Please copy out each line of the entries in which "lost" appears.

[Opening Listed entries section]

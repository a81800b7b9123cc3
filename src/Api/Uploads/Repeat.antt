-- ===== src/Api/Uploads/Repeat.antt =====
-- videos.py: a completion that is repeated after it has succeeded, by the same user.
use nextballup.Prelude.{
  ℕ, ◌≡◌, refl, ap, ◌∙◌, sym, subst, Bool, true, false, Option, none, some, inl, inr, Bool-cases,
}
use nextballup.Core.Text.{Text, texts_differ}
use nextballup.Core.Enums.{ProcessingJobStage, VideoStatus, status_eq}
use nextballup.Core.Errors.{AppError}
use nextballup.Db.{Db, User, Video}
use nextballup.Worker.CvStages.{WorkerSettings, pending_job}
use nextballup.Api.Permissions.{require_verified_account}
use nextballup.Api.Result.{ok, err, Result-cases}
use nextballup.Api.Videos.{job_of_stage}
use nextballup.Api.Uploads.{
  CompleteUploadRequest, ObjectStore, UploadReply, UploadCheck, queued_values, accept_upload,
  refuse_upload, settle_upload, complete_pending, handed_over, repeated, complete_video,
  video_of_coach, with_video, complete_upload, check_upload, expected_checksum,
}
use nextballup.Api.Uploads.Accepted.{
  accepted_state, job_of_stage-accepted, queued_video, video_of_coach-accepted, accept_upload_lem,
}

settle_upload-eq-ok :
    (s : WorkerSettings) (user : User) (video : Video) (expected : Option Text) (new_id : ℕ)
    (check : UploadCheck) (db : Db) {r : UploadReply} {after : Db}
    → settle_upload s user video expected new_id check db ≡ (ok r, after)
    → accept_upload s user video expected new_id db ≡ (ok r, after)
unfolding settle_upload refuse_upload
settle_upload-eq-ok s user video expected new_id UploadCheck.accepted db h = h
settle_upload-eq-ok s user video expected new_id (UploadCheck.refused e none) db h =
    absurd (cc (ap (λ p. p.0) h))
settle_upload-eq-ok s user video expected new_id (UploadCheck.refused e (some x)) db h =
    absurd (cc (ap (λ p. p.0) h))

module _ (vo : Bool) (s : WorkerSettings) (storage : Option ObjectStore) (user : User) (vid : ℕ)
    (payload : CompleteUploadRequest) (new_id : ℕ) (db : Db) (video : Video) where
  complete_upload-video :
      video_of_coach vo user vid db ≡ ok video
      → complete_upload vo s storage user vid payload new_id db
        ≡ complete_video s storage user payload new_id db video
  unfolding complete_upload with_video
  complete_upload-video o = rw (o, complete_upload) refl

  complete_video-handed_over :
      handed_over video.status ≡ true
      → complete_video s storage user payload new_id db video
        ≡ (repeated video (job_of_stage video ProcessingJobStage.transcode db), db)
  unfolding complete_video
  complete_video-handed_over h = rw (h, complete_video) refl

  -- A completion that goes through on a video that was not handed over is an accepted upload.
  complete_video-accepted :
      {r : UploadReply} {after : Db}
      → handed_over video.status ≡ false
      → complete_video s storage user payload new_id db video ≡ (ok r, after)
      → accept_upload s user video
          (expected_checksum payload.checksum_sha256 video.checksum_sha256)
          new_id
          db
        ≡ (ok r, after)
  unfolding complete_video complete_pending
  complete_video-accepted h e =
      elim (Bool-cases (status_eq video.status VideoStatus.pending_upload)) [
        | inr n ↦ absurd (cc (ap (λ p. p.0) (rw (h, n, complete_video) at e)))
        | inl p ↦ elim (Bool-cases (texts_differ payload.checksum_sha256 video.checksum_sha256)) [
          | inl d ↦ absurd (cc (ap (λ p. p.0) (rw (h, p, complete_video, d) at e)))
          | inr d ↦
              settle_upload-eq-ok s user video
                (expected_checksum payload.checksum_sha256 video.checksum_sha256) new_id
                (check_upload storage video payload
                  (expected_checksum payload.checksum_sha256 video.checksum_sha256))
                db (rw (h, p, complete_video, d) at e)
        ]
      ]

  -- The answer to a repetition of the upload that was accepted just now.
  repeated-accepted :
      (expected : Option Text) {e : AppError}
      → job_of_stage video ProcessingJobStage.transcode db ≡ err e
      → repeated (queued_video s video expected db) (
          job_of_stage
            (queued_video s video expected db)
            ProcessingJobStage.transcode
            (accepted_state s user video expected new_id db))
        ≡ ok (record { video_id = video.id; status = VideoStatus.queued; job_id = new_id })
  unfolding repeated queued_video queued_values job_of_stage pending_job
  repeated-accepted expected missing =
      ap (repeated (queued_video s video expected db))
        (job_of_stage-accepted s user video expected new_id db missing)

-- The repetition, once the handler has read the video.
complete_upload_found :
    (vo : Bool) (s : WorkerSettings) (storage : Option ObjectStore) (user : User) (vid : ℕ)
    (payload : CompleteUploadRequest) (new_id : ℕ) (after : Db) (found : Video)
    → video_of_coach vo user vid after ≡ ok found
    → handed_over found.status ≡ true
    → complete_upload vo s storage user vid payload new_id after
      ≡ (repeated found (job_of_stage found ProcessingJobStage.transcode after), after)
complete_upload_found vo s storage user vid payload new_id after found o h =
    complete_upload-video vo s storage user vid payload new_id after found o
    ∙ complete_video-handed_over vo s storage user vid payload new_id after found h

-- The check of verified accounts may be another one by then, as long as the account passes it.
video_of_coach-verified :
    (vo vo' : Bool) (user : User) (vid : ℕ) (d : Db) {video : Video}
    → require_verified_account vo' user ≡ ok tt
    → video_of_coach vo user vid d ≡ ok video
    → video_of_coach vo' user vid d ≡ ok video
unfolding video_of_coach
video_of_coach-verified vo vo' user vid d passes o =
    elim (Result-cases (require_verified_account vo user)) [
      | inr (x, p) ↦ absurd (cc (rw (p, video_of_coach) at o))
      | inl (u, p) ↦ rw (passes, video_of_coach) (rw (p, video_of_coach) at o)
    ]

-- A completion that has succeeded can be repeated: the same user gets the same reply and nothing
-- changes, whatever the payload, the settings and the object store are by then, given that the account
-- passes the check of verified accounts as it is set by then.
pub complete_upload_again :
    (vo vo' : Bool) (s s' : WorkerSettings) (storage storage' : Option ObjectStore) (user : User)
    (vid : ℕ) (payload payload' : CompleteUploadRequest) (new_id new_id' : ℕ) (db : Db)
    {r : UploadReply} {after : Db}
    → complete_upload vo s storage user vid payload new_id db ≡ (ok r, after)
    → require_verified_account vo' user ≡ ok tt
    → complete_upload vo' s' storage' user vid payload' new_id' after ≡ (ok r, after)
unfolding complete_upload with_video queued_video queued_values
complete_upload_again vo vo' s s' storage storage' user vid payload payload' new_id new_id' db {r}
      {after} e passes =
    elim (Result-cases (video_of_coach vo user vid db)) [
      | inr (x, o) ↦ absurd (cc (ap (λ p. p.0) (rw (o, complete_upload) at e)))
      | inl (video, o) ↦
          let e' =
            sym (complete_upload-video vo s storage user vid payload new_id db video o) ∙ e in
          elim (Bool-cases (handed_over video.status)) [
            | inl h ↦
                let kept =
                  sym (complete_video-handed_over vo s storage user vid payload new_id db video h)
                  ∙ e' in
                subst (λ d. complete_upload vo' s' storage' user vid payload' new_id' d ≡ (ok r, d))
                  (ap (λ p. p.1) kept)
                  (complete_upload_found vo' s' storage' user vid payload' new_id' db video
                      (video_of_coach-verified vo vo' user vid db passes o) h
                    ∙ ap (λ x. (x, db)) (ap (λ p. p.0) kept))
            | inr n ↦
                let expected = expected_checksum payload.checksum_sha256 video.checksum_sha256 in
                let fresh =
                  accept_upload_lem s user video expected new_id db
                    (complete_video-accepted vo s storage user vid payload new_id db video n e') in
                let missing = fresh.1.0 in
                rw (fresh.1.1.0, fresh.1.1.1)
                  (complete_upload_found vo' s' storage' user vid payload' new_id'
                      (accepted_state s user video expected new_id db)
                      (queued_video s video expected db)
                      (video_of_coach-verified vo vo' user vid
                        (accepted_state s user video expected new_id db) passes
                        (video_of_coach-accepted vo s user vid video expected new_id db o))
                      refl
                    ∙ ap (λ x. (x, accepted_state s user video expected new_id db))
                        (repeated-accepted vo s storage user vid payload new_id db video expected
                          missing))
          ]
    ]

[Closing Listed entries section]
[Opening Listed entries section]

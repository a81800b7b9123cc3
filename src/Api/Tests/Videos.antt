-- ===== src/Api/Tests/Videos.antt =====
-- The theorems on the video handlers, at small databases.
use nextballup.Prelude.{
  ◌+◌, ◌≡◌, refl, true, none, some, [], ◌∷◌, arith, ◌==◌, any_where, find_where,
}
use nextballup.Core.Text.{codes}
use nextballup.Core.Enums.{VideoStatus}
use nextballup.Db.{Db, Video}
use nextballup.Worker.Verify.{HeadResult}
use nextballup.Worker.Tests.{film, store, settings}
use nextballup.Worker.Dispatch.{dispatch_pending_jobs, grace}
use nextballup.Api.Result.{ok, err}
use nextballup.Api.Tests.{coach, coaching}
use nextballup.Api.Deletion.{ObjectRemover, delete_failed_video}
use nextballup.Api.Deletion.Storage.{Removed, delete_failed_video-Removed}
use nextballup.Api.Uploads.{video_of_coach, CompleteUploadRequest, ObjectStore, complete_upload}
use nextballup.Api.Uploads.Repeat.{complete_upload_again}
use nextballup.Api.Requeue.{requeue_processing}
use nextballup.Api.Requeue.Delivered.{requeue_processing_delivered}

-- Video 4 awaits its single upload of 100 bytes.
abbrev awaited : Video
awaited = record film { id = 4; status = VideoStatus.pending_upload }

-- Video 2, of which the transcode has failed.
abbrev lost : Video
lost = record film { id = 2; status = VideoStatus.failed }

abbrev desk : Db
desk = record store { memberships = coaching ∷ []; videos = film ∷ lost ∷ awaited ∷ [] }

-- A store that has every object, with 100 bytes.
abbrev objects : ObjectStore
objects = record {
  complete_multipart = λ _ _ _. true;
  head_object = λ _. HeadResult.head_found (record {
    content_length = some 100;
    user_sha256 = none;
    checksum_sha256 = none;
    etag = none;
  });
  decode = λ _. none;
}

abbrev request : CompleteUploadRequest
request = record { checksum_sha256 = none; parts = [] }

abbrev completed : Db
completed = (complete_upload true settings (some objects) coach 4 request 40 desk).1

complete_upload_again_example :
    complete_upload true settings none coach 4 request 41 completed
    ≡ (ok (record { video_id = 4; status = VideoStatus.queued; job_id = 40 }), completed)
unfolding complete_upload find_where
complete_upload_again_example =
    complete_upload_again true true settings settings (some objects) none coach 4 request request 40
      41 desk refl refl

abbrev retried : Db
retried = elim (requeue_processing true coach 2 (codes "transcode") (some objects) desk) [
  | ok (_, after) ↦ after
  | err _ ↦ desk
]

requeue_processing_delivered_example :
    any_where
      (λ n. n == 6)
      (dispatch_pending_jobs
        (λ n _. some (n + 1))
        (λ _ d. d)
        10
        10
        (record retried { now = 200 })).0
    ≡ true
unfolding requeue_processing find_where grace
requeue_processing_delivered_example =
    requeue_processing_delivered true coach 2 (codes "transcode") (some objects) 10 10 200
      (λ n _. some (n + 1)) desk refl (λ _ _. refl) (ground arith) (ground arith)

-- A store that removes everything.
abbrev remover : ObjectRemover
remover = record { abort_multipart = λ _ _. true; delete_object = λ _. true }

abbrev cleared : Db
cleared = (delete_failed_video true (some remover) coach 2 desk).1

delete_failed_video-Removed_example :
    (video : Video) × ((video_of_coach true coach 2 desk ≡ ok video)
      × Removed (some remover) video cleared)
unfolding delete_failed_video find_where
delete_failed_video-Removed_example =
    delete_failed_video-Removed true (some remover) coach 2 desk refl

[Closing Listed entries section]

Answer space
abbrev lost : Video
lost = record film { id = 2; status = VideoStatus.failed }
desk = record store { memberships = coaching ∷ []; videos = film ∷ lost ∷ awaited ∷ [] }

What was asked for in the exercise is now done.